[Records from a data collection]
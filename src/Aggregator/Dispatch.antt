-- ===== src/Aggregator/Dispatch.antt =====
-- `dispatch` of crates/scenery-mcp/src/aggregator.rs and the transports' calls. The network and the
-- child processes are parameters; the registry's lock is free while a call runs, so what others
-- do to the registry meanwhile is a function of it.
pub mod Select
pub mod Sound
use Prim.Native.String
use vectorhawkd.Base.{
  String, ℕ, Bool, true, false, ◌&&◌, Option, none, some, List, [], ◌∷◌, ◌==◌, ltb, leb, any, Dict,
  lookup, if◌then◌else◌, Result, ok, err, is_ok,
}
use vectorhawkd.Base.Json
use vectorhawkd.Base.Json.{Json}
use vectorhawkd.Aggregator.Names.{parse_tool_name}
use vectorhawkd.Aggregator.Backend.{BackendEntry, BackendTransport, Tokens, resolve_live_token}
use vectorhawkd.Aggregator.Registry.{Registry, settle}

pub data DispatchError : Type 0 where
  backend_unhealthy : (server_id : String) → DispatchError
  tool_not_found : (tool server_id : String) → DispatchError
  unreachable : DispatchError
  failed_status : ℕ → DispatchError
  unparsable : DispatchError
  rpc_error : Json → DispatchError
  spawn_failed : (command : String) → DispatchError
  process_failed : DispatchError

-- What a call needs after the lock is released.
pub data DispatchTarget : Type 0 where
  stub : (namespaced_tool : String) → DispatchTarget
  http : (url : String) (auth_token : Option String) → DispatchTarget
  stdio : (process : ℕ) (command : String) (args : List String) (env : Dict String) → DispatchTarget

unfoldable pub target_of : Tokens → String → BackendTransport → DispatchTarget
unfolding resolve_live_token
target_of tokens namespaced BackendTransport.stub = stub namespaced
target_of tokens namespaced (BackendTransport.http url auth_token handle) =
    http url (resolve_live_token tokens handle auth_token)
target_of tokens namespaced (BackendTransport.stdio command args env process) =
    stdio process command args env

-- The checks on one backend.
unfoldable pub select_on :
    Tokens → String → (server_id tool : String) → BackendEntry → Result DispatchError DispatchTarget
unfolding target_of
select_on tokens namespaced server_id tool b =
    if b.unhealthy
    then err (backend_unhealthy server_id)
    else if any (λ t. t.name == tool) b.tools
    then ok (target_of tokens namespaced b.transport)
    else err (tool_not_found tool server_id)

abbrev select_found :
    Tokens
    → String
    → (server_id tool : String) → Option BackendEntry
    → Option (String × String × Result DispatchError DispatchTarget)
select_found tokens namespaced server_id tool none = none
select_found tokens namespaced server_id tool (some b) =
    some (server_id, tool, select_on tokens namespaced server_id tool b)

abbrev select_parsed :
    Tokens
    → Registry
    → String
    → Option (String × String)
    → Option (String × String × Result DispatchError DispatchTarget)
select_parsed tokens r namespaced none = none
select_parsed tokens r namespaced (some (server_id, tool)) =
    select_found tokens namespaced server_id tool (lookup server_id r.backends)

-- The part of `dispatch` under the lock: the server, its tool's own name, and the target or the
-- refusal. `none` leaves the name to the other layers.
unfoldable pub select :
    Tokens → Registry → String → Option (String × String × Result DispatchError DispatchTarget)
unfolding select_on
select tokens r namespaced = select_parsed tokens r namespaced (parse_tool_name namespaced)

-- An answer of an HTTP server; `body` is `none` if it is no JSON.
pub record HttpResponse : Type 0 where
  pub status : ℕ
  pub body : Option Json

abbrev or_null : Option Json → Json
or_null none = Json.null
or_null (some v) = v

abbrev rpc_result : Json → Option Json → Result DispatchError Json
rpc_result body none = ok (or_null (Json.get "result" body))
rpc_result body (some e) = err (rpc_error e)

abbrev parsed_body : Option Json → Result DispatchError Json
parsed_body none = err unparsable
parsed_body (some body) = rpc_result body (Json.get "error" body)

unfoldable pub call_http_tool : Option HttpResponse → Result DispatchError Json
call_http_tool none = err unreachable
call_http_tool (some resp) =
    if leb 200 resp.status && ltb resp.status 300
    then parsed_body resp.body
    else err (failed_status resp.status)

-- The child processes, as values of a type of their own.
module _ {P : Type 0} (is_alive : P → Bool) (spawn : String → Option P) where
  abbrev needs_spawn : Option P → Bool
  needs_spawn none = true
  needs_spawn (some p) = if is_alive p then false else true

  abbrev spawned : String → Option P → Option P × Result DispatchError (Unit {0})
  spawned command none = (none, err (spawn_failed command))
  spawned command (some p) = (some p, ok tt)

  -- The slot after the call, and whether it holds a live process.
  unfoldable pub spawn_if_needed : Option P → String → Option P × Result DispatchError (Unit {0})
  spawn_if_needed slot command =
      if needs_spawn slot then spawned command (spawn command) else (slot, ok tt)

-- What is outside: the text of a JSON value, the network, and the call on a child process.
pub record Outside : Type 0 where
  pub display : Json → String
  pub send :
      (url : String) (auth_token : Option String) (tool : String) (args : Json)
      → Option HttpResponse
  pub call_stdio :
      (process : ℕ) (command : String) (command_args : List String) (env : Dict String)
      (tool : String) (args : Json)
      → Result DispatchError Json

abbrev text_content : String → Json
text_content text =
    let part =
      Json.object
        (Json.field "type" (Json.string "text") (Json.field "text" (Json.string text) Json.end)) in
    Json.object (Json.field "content" (Json.array (Json.item part Json.nil)) Json.end)

-- The call itself, with no lock held.
unfoldable pub perform : Outside → DispatchTarget → String → Json → Result DispatchError Json
unfolding call_http_tool
perform out (stub namespaced) tool args = ok (
    text_content (
      String.◌++◌ "stub response for "
        (String.◌++◌ namespaced (String.◌++◌ ": " (out.display args)))))
perform out (http url auth_token) tool args = call_http_tool (out.send url auth_token tool args)
perform out (stdio process command command_args env) tool args =
    out.call_stdio process command command_args env tool args

-- `others` is what the other holders of the lock do between the lookup and the answer.
abbrev run_selected :
    Outside
    → (Registry → Registry)
    → Json
    → Registry
    → Option (String × String × Result DispatchError DispatchTarget)
    → Option (Result DispatchError Json) × Registry
run_selected out others args r none = (none, r)
run_selected out others args r (some (server_id, tool, err e)) = (some (err e), r)
run_selected out others args r (some (server_id, tool, ok target)) =
    let result = perform out target tool args in
    (some result, settle server_id (is_ok result) (others r))

unfoldable pub dispatch :
    Outside
    → Tokens
    → (Registry → Registry)
    → String
    → Json
    → Registry
    → Option (Result DispatchError Json) × Registry
unfolding select perform
dispatch out tokens others namespaced args r =
    run_selected out others args r (select tokens r namespaced)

● **Exercise brief**: Where a line in the records above contains "abbrev", include it in the count, and give only that number.

● **Result below**: 9